Of course there were people in the media who showed themselves to be partisan hacks as well: podcast host and former New Republic staffer Brian Beutler urged the Journal to “retract its egregious hit job” after McCarthy said the same thing he was quoted as saying in the article, namely that Biden had good days and bad days. And of course one can say that the media in general should have been more aggressive in pursuing the story. But it’s useful to remember that the reason the floodgates have opened now is not that journalists are finally willing to write these stories, but rather because (1) a new specific incident—Biden’s debate performance—elevated the newsworthiness of what otherwise was an ongoing, day-by-day story of human decline; (2) Democratic strategists and administration staffers are more willing to talk.
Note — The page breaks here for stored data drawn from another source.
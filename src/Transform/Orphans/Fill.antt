-- ===== src/Transform/Orphans/Fill.antt =====
-- The output of `insertOrphanToolResults` with no accumulator: what stands in it between the
-- messages that are left to visit.
use kern_proxy.Base.{
  ℕ, ◌+◌, ◌≡◌, sym, ◌∙◌, List, [], ◌∷◌, ◌++◌, append-nil, append_assoc, String, if◌then◌else◌,
  items, length, length-append, Bool-cases, inl, inr,
}
use kern_proxy.Base.Int.{ℤ}
use kern_proxy.Messages.{ToolCall, Message}
use kern_proxy.Transform.Orphans.{
  contains, no_result, flush, tool_calls, is_failed, State, flushed, expect, visit, visit_all,
  insert_orphan_tool_results,
}

-- The results that `flush` appends at place `n`.
unfoldable pub missing : (ℕ → ℤ) → ℕ → List String → List ToolCall → List Message
missing now n existing [] = []
missing now n existing (call ∷ calls) =
    let rest = missing now n existing calls in
    let more = missing now (n + 1) existing calls in
    if contains existing call.id then rest else Message.tool_result (no_result call (now n)) ∷ more

-- What the loop appends from place `n` on.
unfoldable pub fill : (ℕ → ℤ) → ℕ → List ToolCall → List String → List Message → List Message
fill now n pending existing [] = missing now n existing pending
fill now n pending existing (Message.tool_result m ∷ ms) =
    Message.tool_result m ∷ fill now (n + 1) pending (m.tool_call_id ∷ existing) ms
fill now n pending existing (Message.user m ∷ ms) =
    missing now n existing pending
    ++ Message.user m ∷ fill now (n + length (missing now n existing pending) + 1) [] [] ms
fill now n pending existing (Message.assistant m ∷ ms) =
    let gap = missing now n existing pending in
    let skipped = fill now (n + length gap) [] [] ms in
    let kept = fill now (n + length gap + 1) (tool_calls (items m.content)) [] ms in
    gap ++ (if is_failed m.stop_reason then skipped else Message.assistant m ∷ kept)

flush-missing :
    (now : ℕ → ℤ) (existing : List String) (calls : List ToolCall) (result : List Message)
    → flush now existing calls result ≡ result ++ missing now (length result) existing calls
unfolding flush missing
flush-missing now existing [] result = sym (append-nil result)
flush-missing now existing (c ∷ cs) result = elim (Bool-cases (contains existing c.id)) [
  | inl found ↦ rw found (flush-missing now existing cs result)
  | inr absent ↦ rw absent (flush-missing now existing cs _ ∙ rw (length-append) (rw append_assoc))
]

flushed-missing :
    (now : ℕ → ℤ) (s : State)
    → flushed now s ≡ record {
      result = s.result ++ missing now (length s.result) s.existing s.pending;
      pending = [];
      existing = [];
    }
unfolding flushed
flushed-missing now s = rw flush-missing

expect-flushed :
    (now : ℕ → ℤ) (s : State) (calls : List ToolCall)
    → expect (flushed now s) calls ≡ record {
      result = s.result ++ missing now (length s.result) s.existing s.pending;
      pending = calls;
      existing = [];
    }
expect-flushed now s [] = flushed-missing now s
expect-flushed now s (c ∷ cs) = rw flushed-missing

visit_all-fill :
    (now : ℕ → ℤ) (ms : List Message) (s : State)
    → (visit_all now s ms).result ≡ s.result ++ fill now (length s.result) s.pending s.existing ms
unfolding visit_all visit fill
visit_all-fill now [] s = flush-missing now s.existing s.pending s.result
visit_all-fill now (Message.tool_result m ∷ ms) s =
    visit_all-fill now ms _ ∙ rw length-append (rw append_assoc)
visit_all-fill now (Message.user m ∷ ms) s =
    visit_all-fill now ms (visit now s (Message.user m))
    ∙ rw (flush-missing, length-append, length-append) (simp append_assoc)
visit_all-fill now (Message.assistant m ∷ ms) s = elim (Bool-cases (is_failed m.stop_reason)) [
  | inl failed ↦
      visit_all-fill now ms (visit now s (Message.assistant m))
      ∙ rw (failed, flush-missing, length-append) (simp append_assoc)
  | inr complete ↦
      visit_all-fill now ms (visit now s (Message.assistant m))
      ∙ rw
          (
            complete,
            expect-flushed now s (tool_calls (items m.content)),
            length-append,
            length-append,
          )
          (simp append_assoc)
]

pub insert-fill :
    (now : ℕ → ℤ) (ms : List Message) → insert_orphan_tool_results now ms ≡ fill now 0 [] [] ms
unfolding insert_orphan_tool_results
insert-fill now ms = visit_all-fill now ms _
Again: Media criticism is fine. But when it comes from people who never have anything critical to say about the right-wing noise and fog machine; who use the critiques to demonize mainstream journalism while positioning themselves as the sole purveyors of truth; and who, finally, have plenty to say about Biden’s age but nothing about the abundant evidence of Trump’s unfitness for office, maybe media integrity isn’t the real agenda.
A week before the debate, I myself wrote about the videos and the question of Biden’s age and mental fitness for Newsday, acknowledging the import of the issue and rejecting the White House contention that the videos were “fakes”; but I also wrote that the clips were deceptively cropped and did not, in context, make a strong case for Biden’s decline. I stand by that opinion. I also wrote that the question would be settled by the debate.